Statistics in Biopharmaceutical Research accepts papers that discuss appropriate statistical methodology and information regarding the use of statistics in all phases of research, development, and practice in the pharmaceutical, biopharmaceutical, device, and diagnostics industries. Articles should focus on the development of novel statistical methods, novel applications of current methods, or the innovative application of statistical principles that can be used by statistical practitioners in these disciplines.
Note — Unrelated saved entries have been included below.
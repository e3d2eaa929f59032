-- ===== src/Paths/Resolve.antt =====
-- ensure_state_tree and phronesis_paths_resolve of paths.c.
use phronesis.Base.{ℕ, ◌||◌, not, Option, none, some, if◌then◌else◌}
use phronesis.Base.CString.{Bytes, CString, codes, is_set, or_empty, fits, strcmp_eq}
use phronesis.Policy.Types.{Rc, ok, err_inval, err_io, err_state, is_ok}
use phronesis.Policy.Env.{Env}
use phronesis.World.{World, Os}
use phronesis.Paths.Dirs.{join3, ensure_dir, path_max}

-- 0700
abbrev private_mode : ℕ
private_mode = 0o700

-- One directory of the state tree, joined to the state directory.
unfoldable pub ensure_child : Os → Bytes → Bytes → World → Rc × World
ensure_child os state name w = elim (join3 path_max (some state) (some name) none) [
  | none ↦ (err_inval, w)
  | some buf ↦
      let (rc, w') = ensure_dir os (some buf) private_mode w in
      if is_ok rc then (ok, w') else (err_io, w')
]

unfoldable pub ensure_state_tree : Os → Bytes → World → Rc × World
unfolding ensure_child
ensure_state_tree os state w =
    let (rc, w1) = ensure_dir os (some state) private_mode w in
    let (log, w2) = ensure_child os state (codes "log") w1 in
    if not (is_ok rc)
    then (err_io, w1)
    else if not (is_ok log)
    then (log, w2)
    else ensure_child os state (codes "phronesis") w2

-- snprintf(out, n, "%s", s) that must not be cut
abbrev copied : ℕ → Bytes → Option Bytes
copied n s = if fits n s then some s else none

-- A directory chosen from the environment, or the error.
pub data Chosen : Type 0 where
  chosen : Bytes → Chosen
  rejected : Rc → Chosen

abbrev or_inval : Option Bytes → Chosen
or_inval none = rejected err_inval
or_inval (some s) = chosen s

-- join3(tmp, ..., home, ".local/state"), and then "phronesis" behind it
unfoldable pub home_state : Bytes → Chosen
home_state home = elim (join3 path_max (some home) (some (codes ".local/state")) none) [
  | none ↦ rejected err_inval
  | some tmp ↦ or_inval (join3 path_max (some tmp) (some (codes "phronesis")) none)
]

-- The state directory; every buffer of the caller has PHRONESIS_PATH_MAX bytes.
unfoldable pub choose_state : Env → CString → Chosen
unfolding home_state
choose_state getenv state_override =
    let env_state = getenv (codes "PHRONESIS_STATE_DIR") in
    let xdg_state = getenv (codes "XDG_STATE_HOME") in
    let home = getenv (codes "HOME") in
    if is_set state_override
    then or_inval (copied path_max (or_empty state_override))
    else if is_set env_state
    then or_inval (copied path_max (or_empty env_state))
    else if is_set xdg_state
    then or_inval (join3 path_max xdg_state (some (codes "phronesis")) none)
    else if is_set home
    then home_state (or_empty home)
    else rejected err_state

unfoldable pub choose_runtime : Env → CString → Bytes → Chosen
choose_runtime getenv runtime_override state_dir =
    let env_runtime = getenv (codes "PHRONESIS_RUNTIME_DIR") in
    let xdg_runtime = getenv (codes "XDG_RUNTIME_DIR") in
    if is_set runtime_override
    then or_inval (copied path_max (or_empty runtime_override))
    else if is_set env_runtime
    then or_inval (copied path_max (or_empty env_runtime))
    else if is_set xdg_runtime
    then or_inval (join3 path_max xdg_runtime (some (codes "phronesis")) none)
    else or_inval (join3 path_max (some state_dir) (some (codes "run")) none)

unfoldable pub choose_log : Env → Bytes → Chosen
choose_log getenv state_dir =
    let env_log = getenv (codes "PHRONESIS_ACTION_LOG") in
    if is_set env_log
    then or_inval (copied path_max (or_empty env_log))
    else or_inval
        (join3 path_max (some state_dir) (some (codes "log")) (some (codes "actions.jsonl")))

pub record Resolved : Type 0 where
  pub state_dir : Bytes
  pub runtime_dir : Bytes
  pub action_log : Bytes

pub data Resolution : Type 0 where
  resolved : Resolved → Resolution
  unresolved : Rc → Resolution

-- Behind the choices: the directories are made.
unfoldable pub make_dirs : Os → Resolved → World → Resolution × World
unfolding ensure_state_tree
make_dirs os r w =
    let (tree, w1) = ensure_state_tree os r.state_dir w in
    let (run, w2) = ensure_dir os (some r.runtime_dir) private_mode w1 in
    if not (is_ok tree)
    then (unresolved err_io, w1)
    else if not (is_ok run)
    then (unresolved err_io, w2)
    else (resolved r, w2)

unfoldable pub resolve_log : Os → Env → Bytes → Bytes → World → Resolution × World
unfolding make_dirs choose_log
resolve_log os getenv state runtime w =
    if strcmp_eq runtime (codes "/tmp") || strcmp_eq runtime (codes "/tmp/")
    then (unresolved err_state, w)
    else elim (choose_log getenv state) [
      | rejected rc ↦ (unresolved rc, w)
      | chosen log ↦
          make_dirs os (record { state_dir = state; runtime_dir = runtime; action_log = log }) w
    ]

unfoldable pub paths_resolve : Os → Env → CString → CString → World → Resolution × World
unfolding choose_state choose_runtime resolve_log
paths_resolve os getenv state_override runtime_override w =
    elim (choose_state getenv state_override) [
      | rejected rc ↦ (unresolved rc, w)
      | chosen state ↦ elim (choose_runtime getenv runtime_override state) [
        | rejected rc ↦ (unresolved rc, w)
        | chosen runtime ↦ resolve_log os getenv state runtime w
      ]
    ]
Areas of application may include statistical methods for drug discovery, including papers that address issues of multiplicity, sequential trials, adaptive designs, etc.; preclinical and clinical studies; genomics and proteomics; bioassay; biomarkers and surrogate markers; models and analyses of drug history, including pharmacoeconomics, product life cycle, detection of adverse events in clinical studies, and postmarketing risk assessment; regulatory guidelines, including issues of standardization of terminology (e.g., CDISC), tolerance and specification limits related to pharmaceutical practice, and novel methods of drug approval; and detection of adverse events in clinical and toxicological studies. Tutorial articles also are welcome. Articles should include demonstrable evidence of the usefulness of this methodology (presumably by means of an application).
The Editorial Board of SBR intends to ensure that the journal continually provides important, useful, and timely information. To accomplish this, the board strives to attract outstanding articles by seeing that each submission receives a careful, thorough, and prompt review.
Authors can choose to publish gold open access in this journal.